2 porcine pseudorabies virus of embodiment is tested in the second order culture process of suspension ST cells
1, experiment material
Cell strain:It can suspension growth through strong along the autonomous domestication of biology from the ST cell strains of ATCC.Its acclimation conditions
It can be as described above.
Culture medium:225 serum free mediums of CD ST (strong along biology JSB, JSB-DP225), have listed.
Porcine pseudorabies virus:Bartha-K61 plants, derive from Hua Nong (Zhaoqing) biological industry Institute for Research and Technology.
2, method
Include the following steps
(1) recovery, passage of cell
(1) preparation of culture medium:225 20L of fluid nutrient medium CD ST are prepared to specifications, are kept away for 4 DEG C after aseptic filtration
Light preserves.
(2) recovery of cell:Freeze-stored cell strain is taken out from liquid nitrogen container, is added in 30mL culture mediums after 37 DEG C of thawings,
1000RPM is centrifuged, and abandons supernatant, be resuspended cell in fresh 1 × 225 cell culture mediums of CD ST, be placed in 37 DEG C, 5%CO2
Rotating speed is to be cultivated in 120rpm culture shaking table culture casees.
Passage:Passage 3~4 times are needed before the cell experiment newly recovered, it is primary every passage in 3 days, inoculum density is 1.0 ×
106Cell/mL, continuous passage 3 days, is then tested.
(3) poison is connect:Cell density reaches 5.0 × 10 when cell is passaged to the 3rd day the 4th generation6Cell/mL, plan cell connect
Malicious density is 2.5 × 106Cell/mL is 5.0 × 10 in cell density6It is inoculated with porcine pseudorabies virus when cell/mL, connects malicious amount
MOI is 10-2, 225 cell culture mediums of benefit CD ST to cell density is 2.5 × 10 after adsorbing 1h6Cell/mL.It is thin to continue culture
Born of the same parents are to 7.0 × 106Cell/mL.

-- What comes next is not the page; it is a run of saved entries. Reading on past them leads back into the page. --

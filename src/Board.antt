-- ===== src/Board.antt =====
-- The board's start: board/board.c, with the pads of board/board.h in Board/Pins, and `gpioInit` of
-- drivers/gpio/stm32/v2/gpio_lld.c for the microcontroller that config/mcuconf.h is written for.
pub mod Pins
pub mod Pads
pub mod Start
pub mod SpiClock
mod Tests
use nfcee_fw.Base.{ℕ, ◌/◌, Option, none, some, List, [], ◌∷◌, bit_or, leb, if◌then◌else◌}
use nfcee_fw.Run.{Run, returns, ◌>>=◌}
use nfcee_fw.Gpio.{Port, gpio_port, gpio_pad, set_pad, clear_pad, set_pad_mode_of}
use nfcee_fw.Board.Pins.{
  gpio_en, gpio_en_mode, gpio_en2, gpio_en2_mode, gpio_irq, gpio_irq_mode, gpio_mod, gpio_mod_mode,
  gpio_ask_ook, gpio_ask_ook_mode, gpio_io0, gpio_io0_mode, gpio_io1, gpio_io1_mode, gpio_io2,
  gpio_io2_mode, gpio_io3, gpio_io3_mode, gpio_io4, gpio_io4_mode, gpio_io5, gpio_io5_mode,
  gpio_io6, gpio_io6_mode, gpio_io7, gpio_io7_mode, gpio_spi1_sck, gpio_spi1_sck_mode, gpio_uart_tx,
  gpio_uart_tx_mode, gpio_uart_rx, gpio_uart_rx_mode, gpio_otg_fs_dm, gpio_otg_fs_dm_mode,
  gpio_otg_fs_dp, gpio_otg_fs_dp_mode, gpio_led0, gpio_led0_mode, gpio_led1, gpio_led1_mode,
  gpio_button, gpio_button_mode,
}

-- The bits of the register `CR1` of an SPI block that the configuration sets, as the vendor's header
-- defines them.
pub record Cr1 : Type 0 where
  pub cpha : ℕ
  pub br_0 : ℕ
  pub br_1 : ℕ
  pub br_2 : ℕ

-- Which of the bits `SPI_CR1_BR_2`, `SPI_CR1_BR_1` and `SPI_CR1_BR_0` are set.
pub data Baud : Type 0 where
  no_bits bit_0 bit_1 bits_1_0 bit_2 bits_2_0 bits_2_1 bits_2_1_0 : Baud

-- The chain of `#if` in `trf797x_spicfg`; it ends with an `#error`.
unfoldable pub baud_rate : ℕ → ℕ → Option Baud
baud_rate pclk1 clock =
    if leb (pclk1 / 2) clock
    then some no_bits
    else if leb (pclk1 / 4) clock
    then some bit_0
    else if leb (pclk1 / 8) clock
    then some bit_1
    else if leb (pclk1 / 16) clock
    then some bits_1_0
    else if leb (pclk1 / 32) clock
    then some bit_2
    else if leb (pclk1 / 64) clock
    then some bits_2_0
    else if leb (pclk1 / 128) clock
    then some bits_2_1
    else if leb (pclk1 / 256) clock
    then some bits_2_1_0
    else none

unfoldable pub baud_bits : Cr1 → Baud → ℕ
baud_bits c no_bits = 0
baud_bits c bit_0 = c.br_0
baud_bits c bit_1 = c.br_1
baud_bits c bits_1_0 = bit_or c.br_1 c.br_0
baud_bits c bit_2 = c.br_2
baud_bits c bits_2_0 = bit_or c.br_2 c.br_0
baud_bits c bits_2_1 = bit_or c.br_2 c.br_1
baud_bits c bits_2_1_0 = bit_or (bit_or c.br_2 c.br_1) c.br_0

-- `SPIConfig`, without its callback, which is null.
pub record SpiConfig : Type 0 where
  pub ssport : ℕ
  pub sspad : ℕ
  pub cr1 : ℕ

-- `trf797x_spicfg`.
unfoldable pub spi_config : Cr1 → Baud → SpiConfig
unfolding baud_bits gpio_port gpio_pad gpio_io4
spi_config c baud = record {
  ssport = gpio_port gpio_io4;
  sspad = gpio_pad gpio_io4;
  cr1 = bit_or c.cpha (baud_bits c baud);
}

-- `TRF797X_EXT_CHANNEL`, the line of the chip's interrupt.
abbrev pub ext_channel : ℕ
ext_channel = 2

-- The clock registers that `_gpio_lld_init` writes.
pub record Rcc : Type 0 where
  pub ahb1enr : ℕ
  pub ahb1lpenr : ℕ

-- `_gpio_lld_init`, with the mask `STM32_GPIO_EN_MASK` of the microcontroller.
unfoldable pub lld_init : ℕ → Rcc → Rcc
lld_init en_mask rcc = record {
  ahb1enr = bit_or rcc.ahb1enr en_mask;
  ahb1lpenr = bit_or rcc.ahb1lpenr en_mask;
}

-- A line `CONFIGURE_PAD(NAME)`: the pad and its mode.
pub record Pad : Type 0 where
  pub gpio : ℕ
  pub mode : ℕ

-- The lines `CONFIGURE_PAD` of `boardInit`, in order.
unfoldable pub board_pads : List Pad
unfolding gpio_en gpio_en_mode gpio_en2 gpio_en2_mode gpio_irq gpio_irq_mode gpio_mod gpio_mod_mode
    gpio_ask_ook gpio_ask_ook_mode gpio_io0 gpio_io0_mode gpio_io1 gpio_io1_mode gpio_io2
    gpio_io2_mode gpio_io3 gpio_io3_mode gpio_io4 gpio_io4_mode gpio_io5 gpio_io5_mode gpio_io6
    gpio_io6_mode gpio_io7 gpio_io7_mode gpio_spi1_sck gpio_spi1_sck_mode gpio_uart_tx
    gpio_uart_tx_mode gpio_uart_rx gpio_uart_rx_mode gpio_otg_fs_dm gpio_otg_fs_dm_mode
    gpio_otg_fs_dp gpio_otg_fs_dp_mode gpio_led0 gpio_led0_mode gpio_led1 gpio_led1_mode gpio_button
    gpio_button_mode
board_pads =
    record { gpio = gpio_en; mode = gpio_en_mode }
    ∷ record { gpio = gpio_en2; mode = gpio_en2_mode }
    ∷ record { gpio = gpio_irq; mode = gpio_irq_mode }
    ∷ record { gpio = gpio_mod; mode = gpio_mod_mode }
    ∷ record { gpio = gpio_ask_ook; mode = gpio_ask_ook_mode }
    ∷ record { gpio = gpio_io0; mode = gpio_io0_mode }
    ∷ record { gpio = gpio_io1; mode = gpio_io1_mode }
    ∷ record { gpio = gpio_io2; mode = gpio_io2_mode }
    ∷ record { gpio = gpio_io3; mode = gpio_io3_mode }
    ∷ record { gpio = gpio_io4; mode = gpio_io4_mode }
    ∷ record { gpio = gpio_io5; mode = gpio_io5_mode }
    ∷ record { gpio = gpio_io6; mode = gpio_io6_mode }
    ∷ record { gpio = gpio_io7; mode = gpio_io7_mode }
    ∷ record { gpio = gpio_spi1_sck; mode = gpio_spi1_sck_mode }
    ∷ record { gpio = gpio_uart_tx; mode = gpio_uart_tx_mode }
    ∷ record { gpio = gpio_uart_rx; mode = gpio_uart_rx_mode }
    ∷ record { gpio = gpio_otg_fs_dm; mode = gpio_otg_fs_dm_mode }
    ∷ record { gpio = gpio_otg_fs_dp; mode = gpio_otg_fs_dp_mode }
    ∷ record { gpio = gpio_led0; mode = gpio_led0_mode }
    ∷ record { gpio = gpio_led1; mode = gpio_led1_mode }
    ∷ record { gpio = gpio_button; mode = gpio_button_mode }
    ∷ []

unfoldable pub configure_pads : List Pad → List Port → Run (List Port)
configure_pads [] ports = returns ports
configure_pads (pad ∷ pads) ports = set_pad_mode_of pad.gpio pad.mode ports >>= configure_pads pads

-- What the start changes: the clock registers, the ports, and the drivers of ChibiOS.
pub record Machine (W : Type 0) : Type 0 where
  pub rcc : Rcc
  pub ports : List Port
  pub drivers : W

-- `spiStart(&SPID1, …)` and `extStart(&EXTD1, …)`, the latter for one channel on rising edges.
pub record Drivers (W : Type 0) : Type 0 where
  pub spi_start : SpiConfig → W → W
  pub ext_start : ℕ → W → W

-- `boardInit`.
unfoldable pub board_init : {W : Type 0} → Drivers W → ℕ → Cr1 → Baud → Machine W → Run (Machine W)
unfolding lld_init spi_config
board_init drv en_mask cr1 baud m = do
  let rcc' = lld_init en_mask m.rcc
  p1 ← clear_pad gpio_en m.ports
  p2 ← clear_pad gpio_en2 p1
  p3 ← set_pad gpio_io4 p2
  p4 ← configure_pads board_pads p3
  returns (record {
    rcc = rcc';
    ports = p4;
    drivers = drv.ext_start ext_channel (drv.spi_start (spi_config cr1 baud) m.drivers);
  })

(4) poison is surveyed, the TCID of infective dose Test Virus is cultivated according to median tissue (cell)50。
(2) experimental result
Porcine pseudorabies virus uses the virus titer that ST cell second order culture techniques are produced for TCID50lg108.5/
0.1mL (see Fig. 1 and Fig. 2), high 1 titre of the more conventional method of viral yield, is advantageous in that high-density growth, low-density connect
Poison.The virus titer obtained using conventional method is generally TCID50lg107.5/0.1mL.As seen from Figure 1, ST suspension cells exist
3rd day high density (5.0 × 10 in 225 serum free mediums of CD ST6Cell/mL) growth, 1:1 dilution after low-density (2.5 ×
106Cell/mL) infection Pseudorabies virus, cell of the present invention starts diauxic growth again after connecing poison, does not change liquid, culture medium utilization
It is efficient, it is simple for process, easily amplify.Production cost is saved, virus titer is improved.